«Мы конечно же будем шутить»
— Что манит в превращениях?
— Ну, наверное — волшебство. Чудеса. В нашем мире очень мало чудес, а хочется, чтобы они были. В «Сне в летнюю ночь» чудеса внутричеловеческие. Это не детские сказки, а серьезнейшее исследование целых пластов человеческой жизни и человеческой личности, вселенной.
— Вы будете шутить или молиться?
— Мы конечно же будем шутить. Мы вообще не молимся в театре. Я воспринимаю театр как игру и считаю, что он должен быть общедоступным. Он не должен быть сектой, я не очень люблю эту концепцию — театр-секта. У нас спектакль для людей.
— Пространство подсказало идею спектакля-путешествия?

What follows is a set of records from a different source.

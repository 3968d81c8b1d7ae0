-- ===== src/Reconcile/Parallel/Failure.antt =====
-- internal/common/reconcile/parallel.go: the error of a parallel group.
use mathlib.Core.List.{Memᴰ}
use c5c3_forge.Prelude.{
  ℕ, ◌≤◌, ◌≡◌, refl, ◌⊎◌, inl, inr, List, [], ◌∷◌, map, Option, none, some, arith, All, Bool-cases,
  ltb, String,
}
use c5c3_forge.Kube.Error.{Error}
use c5c3_forge.Kube.Condition.{ConditionMeta}
use c5c3_forge.Kube.Outcome.{Outcome, returns, fails}
use c5c3_forge.Reconcile.Pipeline.{shortest_requeue}
use c5c3_forge.Reconcile.Parallel.{
  ConditionsOf, ParallelStep, Member, first_failure, with_member, results, to_outcome, run_member,
  run_parallel_group,
}

module _ {T : Type 0} where
  abbrev pub Succeeds : Member T → Type 0
  Succeeds o = o.err ≡ none

  -- Every member of the list that failed did so at `n` or later.
  abbrev pub NoneBefore : ℕ → List (Member T) → Type 0
  NoneBefore n = All (λ o. Succeeds o ⊎ (n ≤ o.finished))

  -- What is returned: the requeue that the results ask for where no member failed, else the error
  -- of the member that failed first.
  pub data Returned (os : List (Member T)) : Outcome → Type 0 where
    succeeded : All Succeeds os → Returned os (returns (shortest_requeue (map (λ o. o.result) os)))
    failed :
        (o : Member T) (e : Error)
        → Memᴰ o os
        → o.err ≡ some e
        → NoneBefore o.finished os
        → Returned os (fails e)

  data Earliest (os : List (Member T)) : Option (ℕ × Error) → Type 0 where
    absent : All Succeeds os → Earliest os none
    present :
        (o : Member T) (e : Error)
        → Memᴰ o os
        → o.err ≡ some e
        → NoneBefore o.finished os
        → Earliest os (some (o.finished, e))

  NoneBefore-mono : (n k : ℕ) (os : List (Member T)) → n ≤ k → NoneBefore k os → NoneBefore n os
  NoneBefore-mono n k [] h b = tt
  NoneBefore-mono n k (o ∷ os) h (inl s, b) = (inl s, NoneBefore-mono n k os h b)
  NoneBefore-mono n k (o ∷ os) h (inr l, b) = (inr (omega arith), NoneBefore-mono n k os h b)

  NoneBefore-of_Succeeds : (n : ℕ) (os : List (Member T)) → All Succeeds os → NoneBefore n os
  NoneBefore-of_Succeeds n [] h = tt
  NoneBefore-of_Succeeds n (o ∷ os) h = (inl h.0, NoneBefore-of_Succeeds n os h.1)

  Earliest-with_member :
      (o : Member T) (os : List (Member T)) (x : Option Error) (y : Option (ℕ × Error))
      → o.err ≡ x
      → Earliest os y
      → Earliest (o ∷ os) (with_member x o.finished y)
  Earliest-with_member o os none none e (absent s) = absent (e, s)
  Earliest-with_member o os none (some p) e (present q f m g b) =
      present q f (Memᴰ.tail m) g (inl e, b)
  Earliest-with_member o os (some f) none e (absent s) =
      present o f (Memᴰ.head refl) e (inr (omega arith), NoneBefore-of_Succeeds o.finished os s)
  Earliest-with_member o os (some f) (some p) e (present q g m k b) =
      elim (Bool-cases (ltb q.finished o.finished)) [
        | inl lower ↦ rw lower (present q g (Memᴰ.tail m) k (inr (ground arith), b))
        | inr above ↦ rw above (
            present o f (Memᴰ.head refl) e
              (inr (omega arith), NoneBefore-mono o.finished q.finished os (ground arith) b))
      ]

  first_failure-Earliest : (os : List (Member T)) → Earliest os (first_failure os)
  unfolding first_failure
  first_failure-Earliest [] = absent tt
  first_failure-Earliest (o ∷ os) =
      Earliest-with_member o os o.err (first_failure os) refl (first_failure-Earliest os)

  results-map : (os : List (Member T)) → All Succeeds os → results os ≡ map (λ o. o.result) os
  unfolding results
  results-map [] h = refl
  results-map (o ∷ os) h = ground (arith, results-map os h.1)

  Returned-to_outcome :
      (os : List (Member T)) (y : Option (ℕ × Error))
      → Earliest os y
      → Returned os (to_outcome y (results os))
  Returned-to_outcome os none (absent s) = rw (results-map os s) (succeeded s)
  Returned-to_outcome os (some p) (present o e m f b) = failed o e m f b

-- RunParallelGroup returns an error exactly when a member failed: the error of a member that
-- failed no later than any other failing member. Where none failed it returns what ShortestRequeue
-- chooses from the results of all members.
pub run_parallel_group-Returned :
    {T : Type 0} (instrument : String → (T → T × Outcome) → T → T × Outcome)
    (finish : ParallelStep T → ℕ) (m : ConditionMeta) (conditions_of : ConditionsOf T) (cr : T)
    (steps : List (ParallelStep T))
    → Returned
        (map (run_member instrument finish cr) steps)
        (run_parallel_group instrument finish m conditions_of cr steps).1
unfolding run_parallel_group
run_parallel_group-Returned instrument finish m conditions_of cr steps =
    let os = map (run_member instrument finish cr) steps in
    Returned-to_outcome os (first_failure os) (first_failure-Earliest os)
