-- ===== src/Reconcile/Status.antt =====
-- internal/common/reconcile/status.go and skeleton.go: the aggregate Ready condition, the status
-- write that is skipped when nothing changed, and the early failure mark. `S` is the CR's status,
-- `W` the cluster.
pub mod Laws
pub mod Converged
use c5c3_forge.Prelude.{
  ℕ, Bool, true, false, List, [], ◌∷◌, String, Option, none, some, if◌then◌else◌,
}
use c5c3_forge.Kube.Error.{Error, message, wrap, join_with}
use c5c3_forge.Kube.Condition.{Condition, ConditionMeta, status_true, status_false}
use c5c3_forge.Kube.Outcome.{Outcome, zero_result}
use c5c3_forge.Conditions.{set_condition, all_true}
use c5c3_forge.Reconcile.Parallel.{ConditionsOf}

abbrev pub all_ready : ℕ → Condition
all_ready generation = record {
  type = "Ready";
  status = status_true;
  observed_generation = generation;
  last_transition_time = 0;
  reason = "AllReady";
  message = "All sub-conditions are ready";
}

abbrev pub not_all_ready : ℕ → Condition
not_all_ready generation = record {
  type = "Ready";
  status = status_false;
  observed_generation = generation;
  last_transition_time = 0;
  reason = "NotAllReady";
  message = "One or more sub-conditions are not ready";
}

module _ (m : ConditionMeta) where
  -- SetAggregateReady.
  unfoldable pub set_aggregate_ready : List Condition → ℕ → List String → List Condition
  set_aggregate_ready conds observed_generation sub_condition_types =
      if all_true m conds sub_condition_types
      then set_condition m conds (all_ready observed_generation)
      else set_condition m conds (not_all_ready observed_generation)

-- The test of equality.Semantic.DeepEqual on two statuses.
abbrev pub unchanged : {S : Type 0} → (S → S → Bool) → Option S → S → Bool
unchanged deep_equal none current = false
unchanged deep_equal (some before) current = deep_equal before current

abbrev pub written : {S W : Type 0} → S → Outcome → W × Option Error → S × W × Outcome
written current o (w, none) = (current, w, o)
written current o (w, some e) = (
  current,
  w,
  record { result = zero_result; error = some (join_with o.error (wrap "updating status: " e)) },
)

module _ {S W : Type 0} (deep_equal : S → S → Bool) (status_update : S → W → W × Option Error) where
  -- UpdateStatus: the status as `mutate` leaves it, the cluster, and what the pass returns.
  unfoldable pub update_status : Option S → S → (S → S) → Outcome → W → S × W × Outcome
  update_status before current mutate o w =
      let current' = mutate current in
      if unchanged deep_equal before current'
      then (current', w, o)
      else written current' o (status_update current' w)

-- Skeleton, for a CR whose status is `S` at generation `generation`.
pub record Skeleton (S : Type 0) : Type 0 where
  pub sub_condition_types : List String
  pub conditions : ConditionsOf S

module _ (m : ConditionMeta) {S : Type 0} (s : Skeleton S) where
  open s use {conditions}
  open conditions use {read, write}

  -- Skeleton.SetReady.
  unfoldable pub set_ready : ℕ → S → S
  set_ready generation obj =
      write obj (set_aggregate_ready m (read obj) generation s.sub_condition_types)

  -- Skeleton.MarkFailed.
  unfoldable pub mark_failed : ℕ → S → String → String → Error → S
  mark_failed generation obj condition_type reason err = write obj (
      set_condition m (read obj) (record {
        type = condition_type;
        status = status_false;
        observed_generation = generation;
        last_transition_time = 0;
        reason = reason;
        message = message err;
      }))

  -- Skeleton.UpdateStatus. A nil extraMutate is the identity.
  unfoldable pub skeleton_update_status :
      {W : Type 0} (deep_equal : S → S → Bool) (status_update : S → W → W × Option Error)
      → ℕ
      → Option S
      → S
      → (S → S)
      → Outcome
      → W
      → S × W × Outcome
  skeleton_update_status deep_equal status_update generation before current extra_mutate =
      update_status deep_equal status_update before current
        (λ obj. extra_mutate (set_ready generation obj))
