-- ===== src/Reconcile/Status/Laws.antt =====
-- internal/common/reconcile/status.go: the aggregate Ready condition, and the branches of
-- UpdateStatus.
use c5c3_forge.Prelude.{
  ℕ, ◌≡◌, ◌≢◌, refl, sym, ◌∙◌, ◌↔◌, inl, inr, Bool, true, false, List, String, Option, none, some,
  arith, All, Bool-cases,
}
use c5c3_forge.Kube.Error.{Error, wrap, join_with}
use c5c3_forge.Kube.Condition.{Condition, ConditionMeta, ConditionLaws}
use c5c3_forge.Kube.Outcome.{Outcome, zero_result}
use c5c3_forge.Conditions.{get_condition, is_ready, all_true}
use c5c3_forge.Conditions.Laws.{
  IsTrue, all_true_iff, all_true-set, holds-set_self, get-set_ne, get-set_self,
}
use c5c3_forge.Reconcile.Status.{
  unchanged, written, all_ready, not_all_ready, set_aggregate_ready, update_status,
}

module _ (m : ConditionMeta) (laws : ConditionLaws m) where
  is_ready-set_aggregate_ready :
      (cs : List Condition) (g : ℕ) (types : List String)
      → is_ready m (set_aggregate_ready m cs g types) ≡ all_true m cs types
  unfolding is_ready set_aggregate_ready
  is_ready-set_aggregate_ready cs g types = elim (Bool-cases (all_true m cs types)) [
    | inl e ↦ rw e (holds-set_self m laws cs (all_ready g))
    | inr e ↦ rw e (holds-set_self m laws cs (not_all_ready g))
  ]

  get-set_aggregate_ready_ne :
      (cs : List Condition) (g : ℕ) (types : List String) (t : String)
      → t ≢ "Ready"
      → get_condition m (set_aggregate_ready m cs g types) t ≡ get_condition m cs t
  unfolding set_aggregate_ready
  get-set_aggregate_ready_ne cs g types t h =
      ground
        (arith, get-set_ne m laws cs (all_ready g) t h, get-set_ne m laws cs (not_all_ready g) t h)

-- After SetAggregateReady the CR is Ready exactly when every sub-condition is there and is True.
pub set_aggregate_ready_iff :
    (m : ConditionMeta) (laws : ConditionLaws m) (cs : List Condition) (g : ℕ) (types : List String)
    → (is_ready m (set_aggregate_ready m cs g types) ≡ true) ↔ All (IsTrue m cs) types
set_aggregate_ready_iff m laws cs g types =
    let same = is_ready-set_aggregate_ready m laws cs g types in
    (λ h. (all_true_iff m cs types).0 (sym same ∙ h), λ h. same ∙ (all_true_iff m cs types).1 h)

-- Setting the aggregate twice is setting it once, if Ready is not one of the sub-conditions.
pub set_aggregate_ready_idem :
    (m : ConditionMeta) (laws : ConditionLaws m) (cs : List Condition) (g : ℕ) (types : List String)
    → All (λ t. t ≢ "Ready") types
    → set_aggregate_ready m (set_aggregate_ready m cs g types) g types
      ≡ set_aggregate_ready m cs g types
unfolding set_aggregate_ready
set_aggregate_ready_idem m laws cs g types h = elim (Bool-cases (all_true m cs types)) [
  | inl e ↦
      rw (e, all_true-set m laws cs (all_ready g) types h, e)
        (laws.set_agreeing _ (all_ready g) _ (get-set_self m laws cs (all_ready g)) (record {
          type = refl;
          status = refl;
          observed_generation = refl;
          reason = refl;
          message = refl;
        }))
  | inr e ↦
      rw (e, all_true-set m laws cs (not_all_ready g) types h, e)
        (laws.set_agreeing _ (not_all_ready g) _ (get-set_self m laws cs (not_all_ready g))
          (record {
            type = refl;
            status = refl;
            observed_generation = refl;
            reason = refl;
            message = refl;
          }))
]

-- What one UpdateStatus does, from the snapshot `before`, the mutated status `s`, the outcome `o`
-- of the pass and the cluster `w`.
pub data Updated {S W : Type 0} (deep_equal : S → S → Bool)
    (status_update : S → W → W × Option Error) (before : Option S) (s : S) (o : Outcome) (w : W)
    : S × W × Outcome → Type 0 where
  -- The status equals the snapshot: nothing is written.
  skipped :
      (b : S)
      → before ≡ some b
      → deep_equal b s ≡ true
      → Updated deep_equal status_update before s o w (s, w, o)
  -- It differs, or there is no snapshot, and the write succeeds: the outcome stands.
  wrote :
      (w' : W)
      → unchanged deep_equal before s ≡ false
      → status_update s w ≡ (w', none)
      → Updated deep_equal status_update before s o w (s, w', o)
  -- The write fails: its error is returned, joined to that of the pass.
  write_failed :
      (w' : W) (e : Error)
      → unchanged deep_equal before s ≡ false
      → status_update s w ≡ (w', some e)
      → Updated deep_equal status_update before s o w (
        s,
        w',
        record {
          result = zero_result;
          error = some (join_with o.error (wrap "updating status: " e));
        },
      )

module _ {S W : Type 0} (deep_equal : S → S → Bool) (status_update : S → W → W × Option Error) where
  written-Updated :
      (before : Option S) (s : S) (o : Outcome) (w : W) (r : W × Option Error)
      → unchanged deep_equal before s ≡ false
      → status_update s w ≡ r
      → Updated deep_equal status_update before s o w (written s o r)
  written-Updated before s o w (w', none) h e = wrote w' h e
  written-Updated before s o w (w', some x) h e = write_failed w' x h e

  -- UpdateStatus writes exactly when the mutated status differs from the snapshot or there is
  -- none; a failed write keeps the error of the pass beside its own.
  pub update_status-Updated :
      (before : Option S) (current : S) (mutate : S → S) (o : Outcome) (w : W)
      → Updated deep_equal status_update before
          (mutate current)
          o
          w
          (update_status deep_equal status_update before current mutate o w)
  unfolding update_status
  update_status-Updated none current mutate o w =
      written-Updated none (mutate current) o w _ refl refl
  update_status-Updated (some b) current mutate o w =
      elim (Bool-cases (deep_equal b (mutate current))) [
        | inl e ↦ rw e (skipped b refl e)
        | inr e ↦ rw e (written-Updated (some b) (mutate current) o w _ e refl)
      ]
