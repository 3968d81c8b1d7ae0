-- ===== src/Reconcile/Project.antt =====
-- internal/common/reconcile/project.go and finalizer.go: the projection of a child CR, the removal
-- of an orphaned child, and the finalizer of a CR. `W` is the cluster.
pub mod Laws
use c5c3_forge.Prelude.{
  ℕ, Bool, true, false, List, [], ◌∷◌, String, Option, none, some, ℤ, if◌then◌else◌,
}
use c5c3_forge.Kube.Text.{concat, quote}
use c5c3_forge.Kube.Error.{Error, Answer, ok, err, wrap, is_not_found, is_invalid}
use c5c3_forge.Kube.Condition.{Condition, ConditionMeta, Status, status_true, status_false}
use c5c3_forge.Kube.Outcome.{Outcome, done, returns, fails, requeue_in}
use c5c3_forge.Conditions.{set_condition, is_ready}

-- ChildProjectionParams, but for the child itself, which the client below builds and applies.
pub record ChildProjectionParams : Type 0 where
  pub condition_type : String
  pub ready_reason : String
  pub ready_message : String
  pub waiting_reason : String
  pub waiting_message : String
  pub rejected_reason : String
  pub rejected_message : Error → String
  pub error_reason : String
  pub error_message : Error → String
  pub wait_requeue : ℤ
  pub generation : ℕ
  pub unowned : Bool

-- Server-Side Apply of the child, with and without an owner reference (internal/common/apply):
-- the answer carries the status conditions that the server sent back.
pub record ChildClient (W : Type 0) : Type 0 where
  pub ensure_object : W → W × Answer (List Condition)
  pub ensure_unowned_object : W → W × Answer (List Condition)

module _ (p : ChildProjectionParams) where
  abbrev pub child_condition : Status → String → String → Condition
  child_condition status reason message = record {
    type = p.condition_type;
    status = status;
    observed_generation = p.generation;
    last_transition_time = 0;
    reason = reason;
    message = message;
  }

  abbrev pub failure_condition : Error → Condition
  failure_condition e =
      child_condition status_false (if is_invalid e then p.rejected_reason else p.error_reason)
        (if is_invalid e then p.rejected_message e else p.error_message e)

module _ (m : ConditionMeta) (p : ChildProjectionParams) where
  abbrev pub mirror :
      {W : Type 0} → List Condition → W × Answer (List Condition) → List Condition × W × Outcome
  mirror conds (w, err e) = (set_condition m conds (failure_condition p e), w, fails e)
  mirror conds (w, ok child) =
      if is_ready m child
      then (
        set_condition m conds (child_condition p status_true p.ready_reason p.ready_message),
        w,
        done,
      )
      else (
        set_condition m conds (child_condition p status_false p.waiting_reason p.waiting_message),
        w,
        returns (requeue_in p.wait_requeue),
      )

  -- ProjectChild: the owner's conditions, the cluster, and what the step returns.
  unfoldable pub project_child :
      {W : Type 0} → ChildClient W → List Condition → W → List Condition × W × Outcome
  project_child c conds w =
      mirror conds (if p.unowned then c.ensure_unowned_object w else c.ensure_object w)

-- The client's reads and deletes of one child. `Object` is the live child.
pub record OrphanClient (W Object : Type 0) : Type 0 where
  pub get : W → Answer Object
  pub delete : W → Object → W × Option Error

-- `noun` is the text of `%T key`, the child's Go type and its namespace and name.
abbrev pub deleted : {W : Type 0} → String → W × Option Error → W × Option Error
deleted noun (w, none) = (w, none)
deleted noun (w, some e) =
    if is_not_found e
    then (w, none)
    else (w, some (wrap (concat ("deleting orphaned " ∷ noun ∷ ": " ∷ [])) e))

module _ {W Object : Type 0} (c : OrphanClient W Object) (noun : String) where
  abbrev pub delete_live : (Object → Bool) → W → Answer Object → W × Option Error
  delete_live controls w (err e) =
      if is_not_found e
      then (w, none)
      else (w, some (wrap (concat ("getting " ∷ noun ∷ " for orphan cleanup: " ∷ [])) e))
  delete_live controls w (ok child) =
      if controls child then deleted noun (c.delete w child) else (w, none)

  -- DeleteOrphanedChildFunc.
  unfoldable pub delete_orphaned_child_func : (Object → Bool) → W → W × Option Error
  delete_orphaned_child_func controls w = delete_live controls w (c.get w)

-- The finalizers of an object (controllerutil), and the client's Update.
pub record FinalizerClient (W Object : Type 0) : Type 0 where
  pub contains_finalizer : Object → String → Bool
  pub add_finalizer : Object → String → Object
  pub update : W → Object → W × Option Error

abbrev finalizer_added :
    {W Object : Type 0} → String → Object → W × Option Error → Object × W × Answer Bool
finalizer_added finalizer obj (w, none) = (obj, w, ok true)
finalizer_added finalizer obj (w, some e) =
    (obj, w, err (wrap (concat ("adding finalizer " ∷ quote finalizer ∷ ": " ∷ [])) e))

-- EnsureFinalizer: the object in memory, the cluster, and whether the finalizer was added.
unfoldable pub ensure_finalizer :
    {W Object : Type 0} → FinalizerClient W Object → Object → String → W → Object × W × Answer Bool
ensure_finalizer c obj finalizer w =
    if c.contains_finalizer obj finalizer
    then (obj, w, ok false)
    else let obj' = c.add_finalizer obj finalizer in
      finalizer_added finalizer obj' (c.update w obj')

— Конечно, многое зависит от пространства. И в принципе затея путешествия как интерактивного приема мне очень нравится. В пространство сна, в пространство его потаенных, подсознательных внутренних закоулков, где водятся и черти, и ангелы. Страшнее и страннее леса, чем внутренний мир человека, не найти. Зрители следуют за героями, и театр вроде бы иллюзорен, но, с другой стороны, он рядом и его можно потрогать.
— Что эта работа должна дать вашим молодым артистам?
— Я думаю, исследование себя. Они так раздеты в этом спектакле (иногда в буквальном смысле), они так близко к зрителю, что это требует от них и профессионализма, и честности. Этот материал очень некомфортен, а значит — максимально полезен для артиста. Там есть элементы и игрового театра, и перформанса, и «стендапа», и эстрадные приемы, и куски, сделанные абсолютно импровизационно, когда мы просто договариваемся, куда будет идти действие, но не знаем, как оно реально будет происходить.
— А вам что дает этот «Сон»?
— Когда берешься за Шекспира, нет ничего готового. Ты пускаешься в плавание, которое непонятно чем закончится. Здесь нет никаких моих схем, при этом решалось огромное количество технических задач. Зрители должны подглядывать за героями, должна быть некая физическая преграда между ними. Нужно было сделать так, чтобы зритель в театре не злился и не нервничал, что ему ничего не видно, но при этом показать ему не все целиком, а только фрагменты. И из этих фрагментов зритель сам составляет некую картину. И у каждого она будет своя.
— Сон, который увидят зрители, будет кошмаром или sweet dream?
— Иногда будет sweet dream, а иногда — кошмар. Там четыре истории, я не переплетал их, а сделал линейно. И каждая история имеет свое жанровое решение. История ремесленников — комедийная, в чем-то даже комедия положений, импровизационная. История правителей — это такой психоаналитический сеанс, психоделический, и в чем-то, конечно, это сон-кошмар. История богов — это фантастическое высказывание. А история людей — это очень большая комедия. Практически комикс. Зрители, как дети, должны визжать от восторга-ужаса.